Start at the line in the entries below that contains "-- hold what", stop at the line that contains "((v : Video)", and output exactly the lines in that span, both ends included.

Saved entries
Segment Open
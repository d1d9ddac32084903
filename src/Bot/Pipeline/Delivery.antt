-- ===== src/Bot/Pipeline/Delivery.antt =====
-- A request, from its fetch to the video in the chat.
use cribe.Prelude.{
  ℕ, ◌+◌, String, some, none, ◌≡◌, ◌≢◌, eq_refl, arith, sym, subst, ap, ◌∙◌, inl, inr, true,
}
use cribe.Prelude.Decimal.{itoa}
use cribe.Exec.{ok, Result-cases}
use cribe.Bytes.{Bytes}
use cribe.Json.Numbers.RoundTrip.{InInt64}
use cribe.Bot.Services.{Payload, Services, Video, zero_payload, queue_uploading}
use cribe.Bot.World.{World, uploading, publish}
use cribe.Bot.World.History.{published, latest}
use cribe.Bot.Encoding.{encode_payload}
use cribe.Bot.Encoding.RoundTrip.{payload_json-unmarshal}
use cribe.Bot.Jobs.{add_job, delete_job}
use cribe.Bot.Jobs.Counts.{in_hand}
use cribe.Bot.Fetch.{fetch}
use cribe.Bot.Upload.{upload}
use cribe.Bot.Upload.Delivery.{videos_to, upload-delivers, upload-elsewhere}
use cribe.Bot.Consumers.{handle_uploading, upload_decoded, give_up, report}
use cribe.Bot.Consumers.Bookkeeping.{with_job, handle_uploading-in_hand}
use cribe.Bot.Pipeline.{KeepsStores, OnlyMissing}
use cribe.Bot.Pipeline.Resuming.{latest_body}
use cribe.Bot.Pipeline.Progress.{fetch-upload}

module _ {S : Type 0} (d : Services S) where
  -- What a worker's upload leaves in the history is what the upload itself leaves, and videos are sent
  -- by nothing else.
  upload_decoded-videos :
      (chat : String) (q : Payload) (u : World S)
      → videos_to chat (upload_decoded d (q, none) u).1.calls
        ≡ videos_to chat (upload d q (with_job d uploading q u)).1.calls
  unfolding upload_decoded add_job delete_job give_up report
  upload_decoded-videos chat q u = grind arith

  handle_uploading-videos :
      (chat : String) (q : Payload) (u : World S)
      → InInt64 q.chat_id
      → videos_to chat (handle_uploading d (encode_payload q) u).1.calls
        ≡ videos_to chat (upload d q (with_job d uploading q u)).1.calls
  unfolding handle_uploading
  handle_uploading-videos chat q u small =
      rw (payload_json-unmarshal q zero_payload small) (upload_decoded-videos chat q u)

  -- Whatever fails, the worker that takes up a message sends a video to no other chat than the
  -- message's.
  pub handle_uploading-elsewhere :
      (q : Payload) (chat : String) (u : World S)
      → InInt64 q.chat_id
      → itoa q.chat_id ≢ chat
      → videos_to chat (handle_uploading d (encode_payload q) u).1.calls ≡ videos_to chat u.calls
  handle_uploading-elsewhere q chat u small other =
      rw (handle_uploading-videos chat q u small)
        (upload-elsewhere d q chat (with_job d uploading q u) other)

module _ {S : Type 0} (d : Services S) where
  -- A job that is not left in hand is done.
  idle-ok :
      (q : Payload) (u : World S)
      → InInt64 q.chat_id
      → in_hand q.video_id uploading (handle_uploading d (encode_payload q) u).1.jobs
        ≡ in_hand q.video_id uploading u.jobs
      → (upload d q (with_job d uploading q u)).0 ≡ ok tt
  idle-ok q u small idle =
      let told = payload_json-unmarshal q zero_payload small in
      let left = handle_uploading-in_hand d (encode_payload q) q u q.video_id uploading told in
      elim (Result-cases (upload d q (with_job d uploading q u)).0) [
        | inl (x, g) ↦ g
        | inr (inl (e, g)) ↦ absurd (ground (arith, left, g, eq_refl q.video_id))
        | inr (inr (e, g)) ↦ absurd (ground (arith, left, g, eq_refl q.video_id))
      ]

  handle_uploading-delivers :
      (q : Payload) (u : World S)
      → InInt64 q.chat_id
      → published (upload d q (with_job d uploading q u)).1.calls ≡ published u.calls
      → in_hand q.video_id uploading (handle_uploading d (encode_payload q) u).1.jobs
        ≡ in_hand q.video_id uploading u.jobs
      → videos_to (itoa q.chat_id) (handle_uploading d (encode_payload q) u).1.calls
        ≡ videos_to (itoa q.chat_id) u.calls + 1
  handle_uploading-delivers q u small unpublished idle = omega (
    arith,
    unpublished,
    upload-delivers d q (with_job d uploading q u) (idle-ok q u small idle),
    handle_uploading-videos d (itoa q.chat_id) q u small,
  )

module _ {S : Type 0} (d : Services S) (keeps : KeepsStores d) (lookups : OnlyMissing d) where
  -- Over stores that keep what they are given, whose lookups of an object fail only for want of it, and
  -- where YouTube gives a video under the id that was asked for: the worker that takes up the message of a fetch that returned no error, when the stores
  -- hold what they held after the fetch, sends exactly one video to the chat of the request, and
  -- none to another chat, if it leaves the job not in hand. The chat's id has 64 bits.
  pub fetch-delivered :
      (c : ℕ) (p : Payload) (w : World S) (body : Bytes) (u : World S) (other : String)
      → InInt64 p.chat_id
      → (fetch d c p w).0 ≡ ok tt
      → ((v : Video)
          → (d.youtube_client.get_video_context p.video_id w.outside).0 ≡ ok v
          → v.id ≡ p.video_id)
      → latest (fetch d c p w).1.calls ≡ some (publish queue_uploading body, true)
      → keeps.view u.outside ≡ keeps.view (fetch d c p w).1.outside
      → in_hand p.video_id uploading (handle_uploading d body u).1.jobs
        ≡ in_hand p.video_id uploading u.jobs
      → itoa p.chat_id ≢ other
      → let u' = (handle_uploading d body u).1 in
        (videos_to (itoa p.chat_id) u'.calls ≡ videos_to (itoa p.chat_id) u.calls + 1)
        × (videos_to other u'.calls ≡ videos_to other u.calls)
  fetch-delivered c p w body u other small h same last kept idle away =
      let (q, video, to_chat, last', never) = fetch-upload d keeps lookups c p w h same in
      let small' = subst InInt64 (sym to_chat) small in
      let idle' =
        subst
          (λ b.
            in_hand q.video_id uploading (handle_uploading d b u).1.jobs
            ≡ in_hand q.video_id uploading u.jobs)
          (latest_body last last')
          (subst
            (λ v.
              in_hand v uploading (handle_uploading d body u).1.jobs ≡ in_hand v uploading u.jobs)
            (sym video) idle) in
      rw (latest_body last last', sym to_chat)
        (
          handle_uploading-delivers d q u small' (never (with_job d uploading q u) kept) idle',
          handle_uploading-elsewhere d q other u small' (λ e. away (ap itoa (sym to_chat) ∙ e)),
        )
Segment Closed
* [RESPONSE TO THIS EXERCISE]:
  -- hold what they held after the fetch, sends exactly one video to the chat of the request, and
  -- none to another chat, if it leaves the job not in hand. The chat's id has 64 bits.
  pub fetch-delivered :
      (c : ℕ) (p : Payload) (w : World S) (body : Bytes) (u : World S) (other : String)
      → InInt64 p.chat_id
      → (fetch d c p w).0 ≡ ok tt
      → ((v : Video)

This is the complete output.